En noviembre murió la madre de Isa. Nunca se sabe qué hacer para calmar un
dolor así. La abrazamos muy fuerte y nos obsesionamos por darle de comer como
si frente a una muerte injusta y prematura sólo se activaran nuestros
instintos, la pura supervivencia. Ella es delgadita pero es muy valiente y
aunque la tristeza no se apaga del todo, al final del año un chico (delgado y valiente)

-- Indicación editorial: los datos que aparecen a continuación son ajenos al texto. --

-- ===== src/Handlers/Tasks.antt =====
-- server/src/handlers/task_handler.cpp: the tasks of the task manager, and runs of DAGs.
use task_hub.Core.Manager.{Manager, Statement, add_task, get_task, update_task}
use task_hub.Core.Task.{Task, TaskStatus, status_to_string}
use task_hub.Dag.Service.{ServiceCalls, DagResult, Mark, run_dag}
use task_hub.Db.Rows.{TaskRunRow}
use task_hub.Execution.Remote.{text_member}
use task_hub.Handlers.Http.{
  Request, Response, Answer, answered, thrown, has_param, param_value, get_int, clamp, respond,
  respond_ok, respond_error, bad_request, not_found,
}
use task_hub.Handlers.Templates.Runs.{nodes_json}
use task_hub.Json.{
  Json, Items, nil, cons, Fields, end, JsonCalls, array, boolean, integer, null, string, object,
  object_of, unsigned, value_with, items_of,
}
use task_hub.Prelude.{
  ℕ, ℤ, pos, pos_part, Text, text, Bool, true, false, Option, none, some, List, [], ◌∷◌, is_empty,
  map, ltb_ℤ, leb_ℤ, if◌then◌else◌, ◌>>=◌, ◌||◌, Text-Eq, negsuc, ◌-◌,
}
pub mod Cancel

-- What these handlers use besides the service: `std::stoull`, the text of the clock, and the message
-- of the exception that a body makes a run throw.
pub record TaskServer : Type 0 where
  pub service : ServiceCalls
  pub stoull : Text → Option ℕ
  pub now : Text
  pub error_of : Text → Text

unfoldable pub task_to_json : Task → Json
task_to_json t = object_of (
    (text "id", unsigned t.id)
    ∷ (text "name", string t.name)
    ∷ (text "type", integer t.type)
    ∷ (text "status", string (status_to_string t.status))
    ∷ (text "create_time", string t.create_time)
    ∷ (text "update_time", string t.update_time)
    ∷ (text "params", t.params)
    ∷ (text "exit_code", integer t.exit_code)
    ∷ (text "last_output", string t.last_output)
    ∷ (text "last_error", string t.last_error)
    ∷ (text "max_retries", integer t.max_retries)
    ∷ (text "retry_count", integer t.retry_count)
    ∷ (text "timeout_sec", integer t.timeout_sec)
    ∷ (text "cancel_flag", boolean t.cancel_flag)
    ∷ [])

-- The statuses that a task cannot be canceled in.
abbrev pub is_finished : TaskStatus → Bool
is_finished TaskStatus.pending = false
is_finished TaskStatus.running = false
is_finished _ = true

-- What a handler does to the rest of the server: it submits a task to the worker pool, or tells the
-- sessions of a task's change.
pub data TaskEffect : Type 0 where
  submitted : ℕ → TaskEffect
  broadcast : Text → Task → TaskEffect

module _ (s : TaskServer) where
  abbrev json_calls : JsonCalls
  json_calls = s.service.json

  -- The name, the type and the parameters of a new task, or no name. `none` is an exception.
  unfoldable pub task_request : Json → Option (Option (Text × ℤ × Json))
  task_request j = do
    name ← value_with json_calls.get_text (text "name") [] j
    if is_empty name then some none else (do
      type ← value_with json_calls.get_int (text "type") (pos 0) j
      params ← value_with some (text "params") (object end) j
      some (some (name, type, params)))

  abbrev invalid : Response
  invalid = bad_request json_calls (text "Invalid JSON") (pos 1002)

  unfoldable pub create : Request → Manager → Response × Manager × List TaskEffect
  create req m = elim (s.service.texts.parse req.body >>= task_request) [
    | none ↦ (invalid, m, [])
    | some none ↦ (bad_request json_calls (text "Missing 'name' field") (pos 1001), m, [])
    | some (some (name, type, params)) ↦
        let (made, m') = add_task json_calls s.now name type params m in
        elim made [
          | none ↦ (invalid, m', [])
          | some id ↦ elim (get_task id m') [
            | none ↦ (invalid, m', submitted id ∷ [])
            | some t ↦ (
              respond_ok json_calls (object_of ((text "id", unsigned id) ∷ [])),
              m',
              submitted id ∷ broadcast (text "task_created") t ∷ [],
            )
          ]
        ]
  ]

  unfoldable pub list : Manager → Response
  list m = respond_ok json_calls (array (items_of (map task_to_json m.tasks)))

  -- The id is what the route has captured; one that is too large throws.
  unfoldable pub detail : Request → Manager → Answer
  detail req m = elim req.matches [
    | whole ∷ id ∷ rest ↦ elim (s.stoull id) [
      | none ↦ thrown
      | some n ↦ elim (get_task n m) [
        | none ↦ answered (not_found json_calls (text "Task not found") (pos 1003))
        | some t ↦ answered (respond_ok json_calls (task_to_json t))
      ]
    ]
    | _ ↦ answered (record { status = pos 400; content = [] })
  ]

  -- `sql` is how the statement of `updateTask` fares.
  unfoldable pub cancel_known :
      Statement → ℕ → Task → Manager → Response × Manager × List TaskEffect
  cancel_known sql id t m =
      if is_finished t.status
      then (respond_error json_calls (pos 1004) (text "Task already finished") (pos 200), m, [])
      else let t' = record t { cancel_flag = true; update_time = s.now } in
        (
          respond_ok json_calls null,
          (update_task sql t' m).1,
          broadcast (text "task_updated") t' ∷ [],
        )

  -- The id is what `std::stoi` makes of the digits that the route has captured, which throws beyond an
  -- int; a negative int is cast to 64 bits without a sign.
  unfoldable pub cancel_task : Statement → Text → Manager → Answer × Manager × List TaskEffect
  cancel_task sql digits m = elim (s.service.texts.stoi digits) [
    | none ↦ (thrown, m, [])
    | some i ↦
        let id : ℕ = elim i [ pos n ↦ n | negsuc n ↦ 18446744073709551615 - n ] in
        elim (get_task id m) [
          | none ↦ (
            answered (respond_error json_calls (pos 1003) (text "Task not found") (pos 200)),
            m,
            [],
          )
          | some t ↦ let (r, m', told) = cancel_known sql id t m in (answered r, m', told)
        ]
  ]

  -- A failed run is answered without the envelope of the other answers.
  unfoldable pub run_dag_now : Request → Response × List Mark
  run_dag_now req =
      elim (s.service.texts.parse req.body >>= λ (b : Json).
      run_dag s.service b (text "manual") []) [
        | none ↦ (
          respond_error json_calls (pos 500)
              (json_calls.dump (
                object_of
                  ((text "ok", boolean false) ∷ (text "error", string (s.error_of req.body)) ∷ [])))
              (pos 500),
          [],
        )
        | some (d, marks) ↦ (
          if d.success
              then respond_ok json_calls (
                  object_of (
                    (text "ok", boolean true)
                    ∷ (text "message", string d.message)
                    ∷ (text "nodes", array (nodes_json d.task_ids d.task_results))
                    ∷ []))
              else record {
                status = pos 500;
                content = json_calls.dump (
                    object_of ((text "ok", boolean false) ∷ (text "error", string d.message) ∷ []));
              },
          marks,
        )
      ]

  -- The answer, and the body and the run id of the job that the pool is given, if any.
  unfoldable pub run_dag_async : Request → Response × Option (Json × Text)
  run_dag_async req = elim (s.service.texts.parse req.body) [
    | none ↦ (invalid, none)
    | some b ↦
        let given : Text = elim (text_member (text "run_id") b) [ none ↦ [] | some r ↦ r ] in
        let run_id = if is_empty given then s.service.new_run_id else given in
        (respond_ok json_calls (object_of ((text "run_id", string run_id) ∷ [])), some (b, run_id))
  ]

  -- A text of the database that is no JSON is read as another one.
  unfoldable pub parse_json_safe : Text → Json → Json
  parse_json_safe given fallback =
      if is_empty given
      then fallback
      else elim (s.service.texts.parse given) [ none ↦ fallback | some j ↦ j ]

  unfoldable pub task_run_to_json : TaskRunRow → Json
  task_run_to_json r = object_of (
      (text "id", integer r.id)
      ∷ (text "run_id", string r.run_id)
      ∷ (text "logical_id", string r.logical_id)
      ∷ (text "task_id", string r.task_id)
      ∷ (text "name", string r.name)
      ∷ (text "exec_type", string r.exec_type)
      ∷ (text "exec_command", string r.exec_command)
      ∷ (text "exec_params", parse_json_safe r.exec_params_json (object end))
      ∷ (text "deps", parse_json_safe r.deps_json (array nil))
      ∷ (text "status", integer r.status)
      ∷ (text "exit_code", integer r.exit_code)
      ∷ (text "duration_ms", integer r.duration_ms)
      ∷ (text "message", string r.message)
      ∷ (text "stdout", string r.stdout_text)
      ∷ (text "stderr", string r.stderr_text)
      ∷ (text "attempt", integer r.attempt)
      ∷ (text "max_attempts", integer r.max_attempts)
      ∷ (text "start_ts_ms", integer r.start_ts_ms)
      ∷ (text "end_ts_ms", integer r.end_ts_ms)
      ∷ [])

  -- `query` is the one of the repository, by the run, the name and the limit.
  unfoldable pub query_task_runs : (Text → Text → ℤ → List TaskRunRow) → Request → Response
  query_task_runs query req =
      let limit = clamp (pos 1) (pos 1000) (get_int s.service.texts (text "limit") (pos 200) req) in
      respond_ok json_calls (
        object_of (
          (
            text "items",
            array (
                items_of (
                  map task_run_to_json (
                    query (param_value (text "run_id") req) (param_value (text "name") req)
                      limit))),
          )
          ∷ []))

le ha hecho recuperar la sonrisa. Y yo también sonrío porque es amigo mío y
se conocieron en mi boda. En Estados Unidos ganó las elecciones un millonario
que se vende como antisistema aunque es la encarnación de los peores vicios del
sistema. Donald Trump, misógino, racista y futuro presidente del país más
poderoso, representa el triunfo de la mentira (ahora llamada
post-verdad) y otro fracaso más de las encuestas y de todos los expertos y periodistas que anticiparon su derrota. Igual que ocurrió con el Brexit. En noviembre también
murió Leonard Cohen, el elegante hombre del sombrero, vital hasta el último
momento. Para mí, el verdadero merecedor del Premio Nobel de Literatura. Sus canciones,
que me descubrió mi padre, seguirán poniéndome la piel de gallina.
En diciembre fuimos al teatro y a un coro de gospel, leí los cuentos de Lucia Berlin y vi Paterson y María y los demás, historias de soñadores silenciosos y felices. En la ya clásica cena de pre-Navidad fuimos 13 y, aunque no creemos en las supersticiones, quemamos cada uno tres deseos en una olla, antes de jugar a adivinar películas. El núcleo Crespo-Zaragoza pasó por algunos malos momentos de salud pero estoy segura de que el nuevo año traerá (más horas) de luz. Como escribió Cohen: "Hay una grieta en todo, así es como entra la luz".